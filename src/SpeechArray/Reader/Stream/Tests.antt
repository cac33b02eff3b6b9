-- ===== src/SpeechArray/Reader/Stream/Tests.antt =====
-- Two calls of `SpeechArrayRead` of speech/src/speecharray.c on a small device.
use program_learning.Prelude.{
  none, ℕ, ◌/◌, ◌≡◌, refl, ap, some, List, [], ◌∷◌, ◌++◌, arith, take, drop, replicate,
}
use program_learning.Prelude.Int.{ℤ, pos}
use program_learning.SpeechArray.Format.{has_channels, is_silent}
use program_learning.SpeechArray.Samples.{mix}
use program_learning.SpeechArray.{parse_data_int32, skip_data}
use program_learning.SpeechArray.Reader.{Handle, speech_array_read}
use program_learning.SpeechArray.Reader.Plain.{at_once}
use program_learning.SpeechArray.Reader.Steady.{Steady}
use program_learning.SpeechArray.Reader.Stream.{reads, Streams, ahead}
use program_learning.SpeechArray.Reader.Stream.Delivers.{reads-mix}

-- A device whose state is its content.
abbrev device : List ℕ → ℕ → ℤ × List ℕ × List ℕ
device ws n = (pos 0, take (n / 4) ws, drop (n / 4) ws)

abbrev content : List ℕ → List ℕ
content ws = ws

device-Streams : Streams device content 0
device-Streams = record {
  answers = λ dev w some_asked there. (
    0,
    dev,
    drop w dev,
    at_once,
    omega arith,
    ap (λ k. (pos 0, take k dev, drop k dev)) {y = w} (omega arith),
    refl,
  );
}

abbrev sounds : List ℕ
sounds =
    0x00010100 ∷ 0x00020200 ∷ 0x00030300 ∷ 0x00040400 ∷ 0x00050500 ∷ 0x00060600 ∷ 0x00070700
    ∷ 0x00080800 ∷ 0x00090900 ∷ 0x000a0a00 ∷ 0x000b0b00 ∷ 0x000c0c00 ∷ []

abbrev recording : List ℕ
recording = sounds ++ sounds ++ sounds ++ sounds ++ sounds ++ sounds ++ replicate 70 0

abbrev fresh : Handle
fresh = record {
  out_align = 12;
  buff_size = 256;
  buffer = replicate 64 0;
  data_size = 0;
  hw_align = 64;
  ratio = 4;
}

-- A call for twelve bytes reads half of the buffer, and leaves more words than it parses: the `memcpy`
-- of them overlaps.
overlaps : speech_array_read device 1 (some fresh) 12 recording ≡ none
unfolding speech_array_read parse_data_int32 skip_data
overlaps = refl

fresh-Steady : Steady fresh 0 32 16
fresh-Steady = record {
  out = refl;
  size = refl;
  buffer_size = refl;
  left = refl;
  align = refl;
  ratio_4 = refl;
  room = omega arith;
  some_align = omega arith;
  small = omega arith;
}

reads-mix_example :
    (h' : Handle) × (p' : ℕ) × (dev' : List ℕ) × (reads device 1 fresh (36 ∷ 36 ∷ []) recording
      ≡ some (mix 6 recording, h', dev'))
    × Steady h' p' 32 16
    × (ahead device content h' p' dev' ≡ drop 72 recording)
unfolding has_channels is_silent
reads-mix_example =
    reads-mix device content 0 device-Streams 32 16 1 (3 ∷ 3 ∷ []) fresh 0 recording fresh-Steady
      (omega arith, omega arith, (omega arith, omega arith, tt)) (omega arith)
      (
        (refl, refl),
        ((refl, refl), ((refl, refl), ((refl, refl), ((refl, refl), ((refl, refl), tt))))),
      )
      (omega arith)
══════════
What needs to be done:
Copy the lines that hold the word "Prelude". Take them from the records above.

Reply to the exercise:
use program_learning.Prelude.{
use program_learning.Prelude.Int.{ℤ, pos}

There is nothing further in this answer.